Aim of the task:
Can you find the lines of the listing that include "ResourceRef" and copy every one?

/---

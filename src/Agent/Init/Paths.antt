-- ===== src/Agent/Init/Paths.antt =====
-- src/agent/init.rs, `symlink_subdir`: where the components of a path without `..` lead.
use pulumi_rs_kube_operator.Base.{
  ℕ, true, false, List, [], ◌∷◌, ◌++◌, append_assoc, Text, text_eq, text_eq→eq, if_elim, sym, ◌∙◌,
  contains, starts_with, strip_prefix, if◌then◌else◌, ◌==◌, ◌≡◌, refl, arith, Bool-cases, inl, inr,
  subst,
}

-- A character in front of the first component.
abbrev pub in_front : ℕ → List Text → List Text
in_front c [] = (c ∷ []) ∷ []
in_front c (name ∷ names) = (c ∷ name) ∷ names

-- The components of a path, which are separated by slashes.
abbrev pub components : Text → List Text
components [] = [] ∷ []
components (c ∷ cs) = if c == b'/' then [] ∷ components cs else in_front c (components cs)

abbrev pub parent : Text
parent = b'.' ∷ b'.' ∷ []

abbrev pub up_from : List Text → List Text
up_from [] = []
up_from (name ∷ dir) = dir

-- The directory that the components lead to, without links, from a directory that is given by the
-- names on the way to it, the last one first.
abbrev pub walk : List Text → List Text → List Text
walk dir [] = dir
walk dir (name ∷ names) =
    walk
      (if text_eq name parent
        then up_from dir
        else if text_eq name (b'.' ∷ [])
        then dir
        else if text_eq name []
        then dir
        else name ∷ dir)
      names

abbrev pub NoParent : List Text → Type 0
NoParent [] = Unit {0}
NoParent (name ∷ names) = (contains name parent ≡ false) × NoParent names

-- The first component is where the text starts.
abbrev head_of : List Text → Text
head_of [] = []
head_of (name ∷ names) = name

head_of-in_front : (c : ℕ) (names : List Text) → head_of (in_front c names) ≡ c ∷ head_of names
head_of-in_front c [] = refl
head_of-in_front c (name ∷ names) = refl

starts-head :
    (needle d : Text)
    → starts_with needle (head_of (components d)) ≡ true
    → starts_with needle d ≡ true
unfolding starts_with strip_prefix
starts-head [] d h = refl
starts-head (p ∷ ps) [] h = h
starts-head (p ∷ ps) (c ∷ cs) h = elim (Bool-cases (c == b'/')) [
  | inl slash ↦ let h' = rw (slash) at h in absurd (ground arith)
  | inr other ↦
      let h' = rw (other, head_of-in_front c (components cs)) at h in
      ground (arith, starts-head ps cs)
]

starts-head_false :
    (needle d : Text)
    → starts_with needle d ≡ false
    → starts_with needle (head_of (components d)) ≡ false
starts-head_false needle d h = elim (Bool-cases (starts_with needle (head_of (components d)))) [
  | inl e ↦ let e' = starts-head needle d e in absurd (ground arith)
  | inr e ↦ e
]

in_front-NoParent :
    (c : ℕ) (names : List Text)
    → starts_with parent (head_of (in_front c names)) ≡ false
    → NoParent names
    → NoParent (in_front c names)
unfolding contains starts_with strip_prefix
in_front-NoParent c [] h n = ground arith
in_front-NoParent c (name ∷ names) h (n, ns) = (ground arith, ns)

pub components-NoParent : (d : Text) → contains d parent ≡ false → NoParent (components d)
unfolding contains
components-NoParent [] n = (n, tt)
components-NoParent (c ∷ cs) n = elim (Bool-cases (c == b'/')) [
  | inl slash ↦ rw slash (refl, components-NoParent cs (ground arith))
  | inr other ↦ rw other (
      in_front-NoParent c (components cs)
        (rw other at (starts-head_false parent (c ∷ cs) (ground arith)))
        (components-NoParent cs (ground arith)))
]

named : (name : Text) → contains name parent ≡ false → text_eq name parent ≡ false
unfolding contains starts_with strip_prefix
named name n = elim (Bool-cases (text_eq name parent)) [
  | inl e ↦
      let n' = subst (λ s. contains s parent ≡ false) (text_eq→eq name parent e) n in
      absurd (ground arith)
  | inr e ↦ e
]

-- The directory lies below another one.
abbrev pub Below : List Text → List Text → Type 0
Below dir base = (down : List Text) × (dir ≡ down ++ base)

walk-step :
    (dir : List Text) (name : Text) (names : List Text)
    → Below (walk dir names) dir
    → Below (walk (name ∷ dir) names) (name ∷ dir)
    → Below
        (walk
          (if text_eq name (b'.' ∷ []) then dir else if text_eq name [] then dir else name ∷ dir)
          names)
        dir
walk-step dir name names stay (down, e) =
    if_elim (λ d. Below (walk d names) dir) (text_eq name (b'.' ∷ [])) (λ _. stay)
      (λ _.
        if_elim (λ d. Below (walk d names) dir) (text_eq name []) (λ _. stay)
          (λ _. (down ++ name ∷ [], e ∙ sym (append_assoc down (name ∷ []) dir))))

pub walk-Below : (dir names : List Text) → NoParent names → Below (walk dir names) dir
walk-Below dir [] n = ([], refl)
walk-Below dir (name ∷ names) (n, ns) =
    rw (named name n)
      (walk-step dir name names (walk-Below dir names ns) (walk-Below (name ∷ dir) names ns))
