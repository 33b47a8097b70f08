-- ===== src/Agent/Init/Confined.antt =====
-- src/agent/init.rs, `symlink_subdir`: the directory that the workspace becomes a link to lies in the
-- directory of the source.
use pulumi_rs_kube_operator.Base.{
  ◌⊎◌, Option, none, some, List, [], ◌∷◌, ◌++◌, Result, ok, err, Text, text, contains, starts_with,
  ◌≡◌, arith, Bool-cases, Option-cases, Result-cases, inl, inr, subst,
}
use pulumi_rs_kube_operator.Agent.Init.{
  InitError, InitSource, git_source, flux_source, program_source, local_source,
  determine_source_from_env, GitOutput, link_source, symlink_subdir, Download, link_after,
  fetch_source, initialize_workspace,
}
use pulumi_rs_kube_operator.Agent.Init.Paths.{
  components, walk, Below, components-NoParent, walk-Below,
}

-- A path is a directory, or leads with a slash between to a directory below it.
abbrev pub Confined : (source_dir target : Text) → Type 0
Confined source_dir target =
    (target ≡ source_dir)
    ⊎ ((d : Text) × (target ≡ source_dir ++ text "/" ++ d)
        × ((dir : List Text) → Below (walk dir (components d)) dir))

link_source-Confined :
    (source_dir : Text) (subdir : Option Text) {target : Text}
    → link_source source_dir subdir ≡ ok target
    → Confined source_dir target
unfolding link_source text
link_source-Confined source_dir none e = inl (ground arith)
link_source-Confined source_dir (some []) e = inl (ground arith)
link_source-Confined source_dir (some (c ∷ d)) {target} e =
    elim (Bool-cases (contains (c ∷ d) (text ".."))) [
      | inl n ↦ let e' = rw (link_source, n) at e in absurd (ground arith)
      | inr n ↦ elim (Bool-cases (starts_with (text "/") (c ∷ d))) [
        | inl m ↦ let e' = rw (link_source, n, m) at e in absurd (ground arith)
        | inr m ↦
            let e' = rw (link_source, n, m) at e in
            inr (
              c ∷ d,
              ground arith,
              λ dir. walk-Below dir (components (c ∷ d)) (components-NoParent (c ∷ d) n),
            )
      ]
    ]

module _ (git_run : List Text → GitOutput) (download : (url : Text) → Download)
    (symlink : (source workspace_dir : Text) → Option Text) (source_dir workspace_dir : Text) where
  -- The workspace is a link to a place in the directory of the source.
  abbrev pub Linked : Option Text → Type 0
  Linked none = Unit {0}
  Linked (some target) = Confined source_dir target

  link_after-Linked :
      (fetched : Result InitError (Unit {0})) (dir : Option Text) {linked : Option Text}
      → link_after git_run download symlink source_dir workspace_dir fetched dir ≡ ok linked
      → Linked linked
  unfolding link_after symlink_subdir
  link_after-Linked (err x) dir e = absurd (ground arith)
  link_after-Linked (ok u) dir {linked} e = elim (Result-cases (link_source source_dir dir)) [
    | inr (x, f) ↦ let e' = rw (link_after, symlink_subdir, f) at e in absurd (ground arith)
    | inl (source, f) ↦ elim (Option-cases (symlink source workspace_dir)) [
      | inr (m, g) ↦ let e' = rw (link_after, symlink_subdir, f, g) at e in absurd (ground arith)
      | inl g ↦
          let e' = rw (link_after, symlink_subdir, f, g) at e in
          let same : some source ≡ linked = ground arith in
          subst Linked same (link_source-Confined source_dir dir f)
    ]
  ]

  fetch_source-Linked :
      (source : InitSource) {linked : Option Text}
      → fetch_source git_run download symlink source_dir workspace_dir source ≡ ok linked
      → Linked linked
  unfolding fetch_source
  fetch_source-Linked (git_source url revision dir) e = link_after-Linked _ dir e
  fetch_source-Linked (flux_source url digest dir) e = link_after-Linked _ dir e
  fetch_source-Linked (program_source url) e = link_after-Linked _ none e
  fetch_source-Linked local_source {linked} e =
      let same : none ≡ linked = ground arith in subst Linked same tt

  -- Whatever the environment says, and whatever git, the network and the file system answer, if the
  -- workspace is initialized with a link, the link goes to the directory of the source, or to a path
  -- whose components lead from it to a directory below it.
  pub initialize_workspace-Linked :
      (made : Option Text) (get_env : Text → Option Text) {linked : Option Text}
      → initialize_workspace git_run download symlink source_dir workspace_dir made get_env
        ≡ ok linked
      → Linked linked
  unfolding initialize_workspace
  initialize_workspace-Linked (some m) get_env e = absurd (ground arith)
  initialize_workspace-Linked none get_env e =
      fetch_source-Linked (determine_source_from_env get_env) e
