-- ===== src/Controllers/Workspaces.antt =====
-- src/operator/controllers/workspace.rs: the workspace that is made of a stack, and the environment
-- of its pod. The environment of the operator is an argument.
pub mod Manifests
use pulumi_rs_kube_operator.Base.{
  ℕ, Bool, true, false, ◌&&◌, not, Option, none, some, or_else, List, [], ◌∷◌, ◌++◌, ok, err, Text,
  text, text_eq, ℤ, pos, int_eq, leb, any, ◌==◌, if◌then◌else◌,
}
use pulumi_rs_kube_operator.Errors.{transient, workspace_not_ready}
use pulumi_rs_kube_operator.Api.Stack.{
  Stack, FluxSource, ResourceRef, ResourceSelectorType, env_selector, fs_selector, secret_selector,
  literal_selector, SecretSelector,
}
use pulumi_rs_kube_operator.Api.Workspace.{
  Workspace, WorkspaceSpec, WorkspaceStatus, WorkspaceGitSource, WorkspaceFluxSource, restricted,
}
use pulumi_rs_kube_operator.Operator.Effects.{Env, Kube, Op, KubeError, api, other_error, read}
use pulumi_rs_kube_operator.Operator.Fallible.{◌>>=◌, return, throw, lift}

-- `branch`, or else `commit`
unfoldable pub git_reference : (branch commit : Option Text) → Option Text
git_reference (some branch) commit = some branch
git_reference none commit = commit

unfoldable pub git_of : Stack → Option Text → Option WorkspaceGitSource
unfolding git_reference
git_of stack none = none
git_of stack (some repo) = some (record {
  url = some repo;
  git_ref = git_reference stack.spec.branch stack.spec.commit;
  dir = stack.spec.repo_dir;
  shallow = stack.spec.shallow;
})

unfoldable pub flux_of : Option FluxSource → Option WorkspaceFluxSource
flux_of none = none
flux_of (some fs) = some (record { url = none; digest = none; dir = fs.dir })

unfoldable pub build_workspace_spec : Stack → WorkspaceSpec
unfolding git_of flux_of
build_workspace_spec stack = record {
  service_account_name = stack.spec.service_account_name;
  security_profile = restricted;
  git = git_of stack stack.spec.project_repo;
  flux = flux_of stack.spec.flux_source;
  stacks =
      record {
        name = stack.spec.stack;
        create = some (not stack.spec.use_local_stack_only);
        secrets_provider = stack.spec.secrets_provider;
        environment = stack.spec.environment;
      }
      ∷ [];
}

-- A variable of a container: a value, or a key of a Secret that has to be there.
pub record EnvVar : Type 0 where
  pub name : Text
  pub value : Option Text
  pub secret_key_ref : Option SecretSelector

abbrev pub variable : Text → Text → EnvVar
variable name value = record { name = name; value = some value; secret_key_ref = none }

-- The variable for a reference of the type, if the reference has what the type needs.
unfoldable pub env_var :
    (get_env : Text → Option Text) (name : Text) → ResourceRef → ResourceSelectorType → List EnvVar
env_var get_env name r secret_selector = elim r.secret_ref [
  | none ↦ []
  | some s ↦ record { name = name; value = none; secret_key_ref = some s } ∷ []
]
env_var get_env name r literal_selector = elim r.literal_ref [
  | none ↦ []
  | some v ↦ variable name v ∷ []
]
env_var get_env name r env_selector = elim r.env [
  | none ↦ []
  | some v ↦ record { name = name; value = get_env v; secret_key_ref = none } ∷ []
]
env_var get_env name r fs_selector = []

unfoldable pub ref_vars : (get_env : Text → Option Text) → List (Text × ResourceRef) → List EnvVar
unfolding env_var
ref_vars get_env [] = []
ref_vars get_env ((name, r) ∷ rest) =
    env_var get_env name r r.selector_type ++ ref_vars get_env rest

unfoldable pub optional_var : Text → Option Text → List EnvVar
optional_var name none = []
optional_var name (some value) = variable name value ∷ []

unfoldable pub build_env_vars : (get_env : Text → Option Text) → Stack → List EnvVar
unfolding ref_vars optional_var
build_env_vars get_env stack =
    optional_var (text "PULUMI_BACKEND_URL") stack.spec.backend
    ++ ref_vars get_env (or_else stack.spec.env_refs [])

unfoldable pub git_vars : Option WorkspaceGitSource → List EnvVar
unfolding optional_var
git_vars none = []
git_vars (some git) =
    optional_var (text "GIT_URL") git.url
    ++ optional_var (text "GIT_REVISION") git.git_ref
    ++ optional_var (text "GIT_DIR") git.dir

unfoldable pub flux_vars : Option WorkspaceFluxSource → List EnvVar
unfolding optional_var
flux_vars none = []
flux_vars (some flux) =
    optional_var (text "FLUX_URL") flux.url
    ++ optional_var (text "FLUX_DIGEST") flux.digest
    ++ optional_var (text "FLUX_DIR") flux.dir

-- The environment of the container that fetches the source.
unfoldable pub fetch_env : WorkspaceSpec → (program_url : Option Text) → List EnvVar
unfolding git_vars flux_vars optional_var
fetch_env spec program_url =
    git_vars spec.git ++ flux_vars spec.flux ++ optional_var (text "PROGRAM_URL") program_url

-- The status of a StatefulSet, of which each field may be missing.
pub record StatefulSetStatus : Type 0 where
  pub observed_generation : Option ℤ
  pub update_revision : Option Text
  pub current_revision : Option Text
  pub available_replicas : Option ℕ

unfoldable pub is_statefulset_ready : (generation : Option ℤ) → Option StatefulSetStatus → Bool
is_statefulset_ready generation none = false
is_statefulset_ready generation (some s) =
    if not (int_eq (or_else s.observed_generation (pos 0)) (or_else generation (pos 0)))
    then false
    else if not (text_eq (or_else s.update_revision []) (or_else s.current_revision []))
    then false
    else leb 1 (or_else s.available_replicas 0)

unfoldable pub is_ready_status : Option WorkspaceStatus → Bool
is_ready_status none = false
is_ready_status (some s) =
    any (λ c. text_eq c.type_ (text "Ready") && text_eq c.status (text "True")) s.conditions

unfoldable pub ready_reply : Kube Workspace → Op Bool
unfolding is_ready_status
ready_reply (ok ws) = return (is_ready_status ws.status)
ready_reply (err (api code)) =
    if code == 404 then return false else throw (transient workspace_not_ready)
ready_reply (err other_error) = throw (transient workspace_not_ready)

unfoldable pub is_workspace_ready : Env → (ns name : Text) → Op Bool
unfolding ready_reply
is_workspace_ready env ns name = do
  reply ← lift (read (env.get_workspace ns name))
  ready_reply reply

\---

Task response:
  Stack, FluxSource, ResourceRef, ResourceSelectorType, env_selector, fs_selector, secret_selector,
    (get_env : Text → Option Text) (name : Text) → ResourceRef → ResourceSelectorType → List EnvVar
unfoldable pub ref_vars : (get_env : Text → Option Text) → List (Text × ResourceRef) → List EnvVar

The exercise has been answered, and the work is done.